A weak polyprotic acid is an acid that is usually considered as weak acid in its monoprotic form (only one \(H^+\) in the molecule), but instead has more than one H^{+} in the molecule, therefore making it a polyprotic acid.

An Arrhenius acid donates a proton (\(H^+\)), so a polyprotic acid donates protons. However, a polyprotic acid differs from a monoprotic acid because it has more than one acidic \(H^+\), so it has the ability to donate multiple protons. As a *weak *polyprotic acid, it does not completely dissociate. Here are some examples of weak polyprotic acids:

- A triprotic acid: \(H_3PO_4\)
- A diprotic acid: \(H_2CO_3\)
- A diprotic acid: \(H_2SO_3\)

As an acid, a polyprotic acids have a very small acid dissociation constant (\(K_a\)), which measures the strength of the acid. K_{a} corresponds to the reaction of a weak acid with water and can be used to determine the pH of a solution. In the figure below, water serves as the base because it accepts a proton, H^{+}, from the phosphoric acid to become a hydronium ion. Phosphoric acid becomes a conjugate base because it loses a proton.
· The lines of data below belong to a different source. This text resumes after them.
-- ===== src/Connect/Client/Established.antt =====
-- internal/connect/send.go: what `resubscribe` achieves.
use mathlib.Core.Path.{subst}
use native.Mathlib.Decide.{ℕ_discrete}
use go_ha.Prelude.{
  ℕ, zero, suc, ◌+◌, ◌≤◌, ◌<◌, ◌≡◌, refl, sym, ap, ◌∙◌, inl, inr, Bool, true, false, Option, none,
  some, List, [], ◌∷◌, arith, ◌==◌, if◌then◌else◌, length, lt→ltb,
}
use go_ha.Prelude.{get_elem?, set}
use go_ha.Prelude.Table.{put}
use go_ha.Connect.Options.{Options}
use go_ha.Connect.Client.{
  log_failure, Subscription, stream, Client, may_write, establish_on, establish_sub, establish,
  Reach,
}
use go_ha.Connect.Client.{settle, settled, replay, resubscribe, id_end}
use go_ha.Connect.Client.Tidiness.{line, streams}
use go_ha.Connect.Client.Replay.{IsLive, IsLive-Stable, Reach-IsLive, set_cases}

get_elem?-there :
    {A : Type 0} (xs : List A) (n : ℕ) → n < length xs → (x : A) × (get_elem? xs n ≡ some x)
get_elem?-there [] n l = absurd (omega arith)
get_elem?-there (x ∷ xs) zero l = (x, refl)
get_elem?-there (x ∷ xs) (suc n) l = get_elem?-there xs n (omega arith)

length-set : {A : Type 0} (xs : List A) (i : ℕ) (v : A) → length (set xs i v) ≡ length xs
length-set [] i v = refl
length-set (x ∷ xs) zero v = refl
length-set (x ∷ xs) (suc i) v = ap suc (length-set xs i v)

-- After `n` subscriptions of `size`, on connection `k`, with ids from `m` on.
record Replayed (k m size n : ℕ) (c : Client) : Type 0 where
  live : IsLive c
  unoccupied : c.writer ≡ none
  on : c.conn ≡ some k
  room : c.next_id ≤ m + n
  same_size : length c.subs ≡ size
  marked : (i : ℕ) (s : Subscription) → i < n → get_elem? c.subs i ≡ some s → s.gen ≡ c.gen

abbrev gen_at : Option Subscription → ℕ
gen_at none = 0
gen_at (some s) = s.gen

settle-idle : (c : Client) → c.writer ≡ none → settle c.writer c ≡ c
settle-idle c h = ap (λ f. settle f c) h

module _ {k m size n : ℕ} {c : Client} (v : Replayed k m size n c) (s : Subscription)
    (at : get_elem? c.subs n ≡ some s) where
  -- The state when the stream has been sent.
  abbrev sent_on : Client
  sent_on = record c {
    next_id = c.next_id + 1;
    pending = put (c.next_id + 1) log_failure c.pending;
    routes = put (c.next_id + 1) n c.routes;
    subs = set c.subs n (record s { gen = c.gen });
    writer = none;
    wire = record { conn = k; id = c.next_id + 1; kind = stream n } ∷ c.wire;
  }

  -- The state while the stream is sent.
  abbrev sending : Client
  sending = record sent_on {
    writer = some (record { conn = k; id = c.next_id + 1; kind = stream n });
    wire = c.wire;
  }

  keep-Replayed : (s.gen == c.gen) ≡ true → Replayed k m size (n + 1) c
  keep-Replayed e = record {
    live = v.live;
    unoccupied = v.unoccupied;
    on = v.on;
    room = omega (arith, v.room);
    same_size = v.same_size;
    marked = λ i x l h. elim (ℕ_discrete i n) [
      | yes p ↦ ground (arith, ap gen_at (sym h ∙ ap (get_elem? c.subs) p ∙ at), e)
      | no p ↦ v.marked i x (omega (arith, l, p)) h
    ];
  }

  sent-Replayed : (s.gen == c.gen) ≡ false → Replayed k m size (n + 1) sent_on
  sent-Replayed e = record {
    live =
        IsLive-Stable.sent sending (record { conn = k; id = c.next_id + 1; kind = stream n }) refl
          (IsLive-Stable.established c k n s v.unoccupied v.on at e v.live);
    unoccupied = refl;
    on = v.on;
    room = omega (arith, v.room);
    same_size = length-set c.subs n (record s { gen = c.gen }) ∙ v.same_size;
    marked = λ i x l h. elim (set_cases v.live.1 n i s (record s { gen = c.gen }) x at h) [
      | inl (p, q) ↦ ap (λ y. y.gen) q
      | inr (p, q) ↦ v.marked i x (ground (arith, p, l)) q
    ];
  }

  settled-Replayed :
      (b : Bool)
      → (s.gen == c.gen) ≡ b
      → (d : Client) × (settled (some (establish_on (some k) n s c)) ≡ some d)
        × Replayed k m size (n + 1) d
  unfolding establish_on
  settled-Replayed true e = (c, rw e (ap some (settle-idle c v.unoccupied)), keep-Replayed e)
  settled-Replayed false e = (sent_on, rw e refl, sent-Replayed e)

  establish-eq : m + n + 1 < id_end → establish n c ≡ some (establish_on (some k) n s c)
  unfolding establish establish_sub
  establish-eq l =
      ap (λ x. establish_sub x n c) at
      ∙ ap (λ b. if b then some (establish_on c.conn n s c) else none) may
      ∙ ap (λ o. some (establish_on o n s c)) v.on
    where
      may : may_write c.writer c.next_id ≡ true
      may =
          ap (λ f. may_write f c.next_id) v.unoccupied
          ∙ lt→ltb (c.next_id + 1) id_end (omega (arith, l, v.room))

replay-Replayed :
    (k m size n : ℕ) (c : Client)
    → Replayed k m size n c
    → n < size
    → m + n + 1 < id_end
    → (d : Client) × (replay n (some c) ≡ some d) × Replayed k m size (n + 1) d
replay-Replayed k m size n c v l r =
    let (s, at) = get_elem?-there c.subs n (omega (arith, l, v.same_size)) in
    let (d, e, u) = settled-Replayed v s at (s.gen == c.gen) refl in
    (d, ap settled (establish-eq v s at r) ∙ e, u)

resubscribe-Replayed :
    (k m size : ℕ) (c : Client) (n : ℕ)
    → Replayed k m size 0 c
    → n ≤ size
    → m + n < id_end
    → (d : Client) × (resubscribe n c ≡ some d) × Replayed k m size n d
unfolding resubscribe
resubscribe-Replayed k m size c zero v l r = (c, refl, v)
resubscribe-Replayed k m size c (suc n) v l r =
    let (d, e, u) = resubscribe-Replayed k m size c n v (omega arith) (omega arith) in
    let (d', e', u') = replay-Replayed k m size n d u (omega arith) (omega arith) in
    (d', ap (replay n) e ∙ e', subst (λ x. Replayed k m size x d') (omega arith) u')

-- From every state that the client reaches in which it has a connection and nobody is writing, with ids
-- enough left: a replay of all subscriptions, if every write succeeds and nobody comes between, ends with
-- exactly one stream for each subscription on the connection.
pub resubscribe-streams :
    {o : Options} {c : Client} (k : ℕ)
    → Reach o c
    → c.conn ≡ some k
    → c.writer ≡ none
    → c.next_id + length c.subs < id_end
    → (d : Client) × (resubscribe (length c.subs) c ≡ some d)
      × ((i : ℕ) → i < length c.subs → streams k i (line d) ≡ 1)
resubscribe-streams {c = c} k r on idle room =
    let v =
      resubscribe-Replayed k c.next_id (length c.subs) c (length c.subs) begun (omega arith) room in
    let u = v.2 in
    (
      v.0,
      v.1,
      λ i l.
          let (s, at) = get_elem?-there v.0.subs i (omega (arith, l, u.same_size)) in
          let here : k ≡ v.0.gen = u.live.0.current k u.on in
          let most = u.live.0.once k i in
          let least = u.live.1.sent_on i s at (u.marked i s l at) in
          omega (arith, most, least, ap (λ x. streams x i (line v.0)) here),
    )
  where
    begun : Replayed k c.next_id (length c.subs) 0 c
    begun = record {
      live = Reach-IsLive r;
      unoccupied = idle;
      on = on;
      room = omega arith;
      same_size = refl;
      marked = λ i s l at. absurd (omega (arith, l));
    }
The acid dissociation constant can be attained by the following equation:

\[ K_a=\dfrac{Concentration of Products}{Concentration of Reactants} \]

or even by acid dissociation constant at a logarithmic scale, also known as pK_{a}:

\[ pK_a=-log_{10}K_a \]

The equation can be manipulated into

\[ K_a=10^{-pK_a}\]

\(pK_a\) also be used to determine the pH of a solution given the concentrations of the conjugate base and undissociated acid. The equation is as follows:

\[ pH=pK_a+log\dfrac{[A^-]}{[HA]} \]

\[ {A^-}=conjugate base \]

\[ HA=undissociated acid \]

There are as many acid ionization constants as there are acidic protons. Therefore, there are three acid ionization constants for phosphoric acid.

Example: \(H_2PO_4\) |
---|

For example, the ionization steps for phosphoric acid with ionization constants are \(H_{3}PO_{4}+H_{2}O \rightleftharpoons H_{3}O^++H_{2}PO_{4}^-\) \({K_{a1}}=\dfrac{[H_{3}O^+][H_{2}PO_{4}^-]}{[H_{3}PO_{4}]}=6.9 \times 10^{-3}\) \(H_{2}PO_{4}^-+H_{2}O \rightleftharpoons H_{3}O^+ + HPO_{4}^ {2-}\) \({K_{a2}}=\dfrac{[H_{3}O^+][HPO_{4}^{2-}]}{[H_{2}PO_{4}^-]}=6.2\times 10^{-8}\) \(HPO_{4}^{2-}+H_{2}O \rightleftharpoons H_{3}O^+ + PO_{4}^ {3-}\) \({K_{a3}}=\dfrac{[H_{3}O^+][PO_{4}^{3-}]}{[HPO_{4}^{2-}]}=4.8 \times 10^{-13}\) Note that the acid dissociation constant of the first proton, indicated by \(K_{a1}\), is the largest of all the successive acid dissociation constants. Acid dissociation constants, along with information from a titration, give the information needed to determine the pH of the solution. |

The purpose of titration is to find the concentration of an unknown solution by adding a known volume of a solution with a known concentration to the unknown concentration of a solution. After finding the concentration of this unknown solution, one can find the pH of the solution, given information about the acid dissociation constant(s). Figure 2 below shows the typical lab titration setup prior to adding any titrant to the analyte.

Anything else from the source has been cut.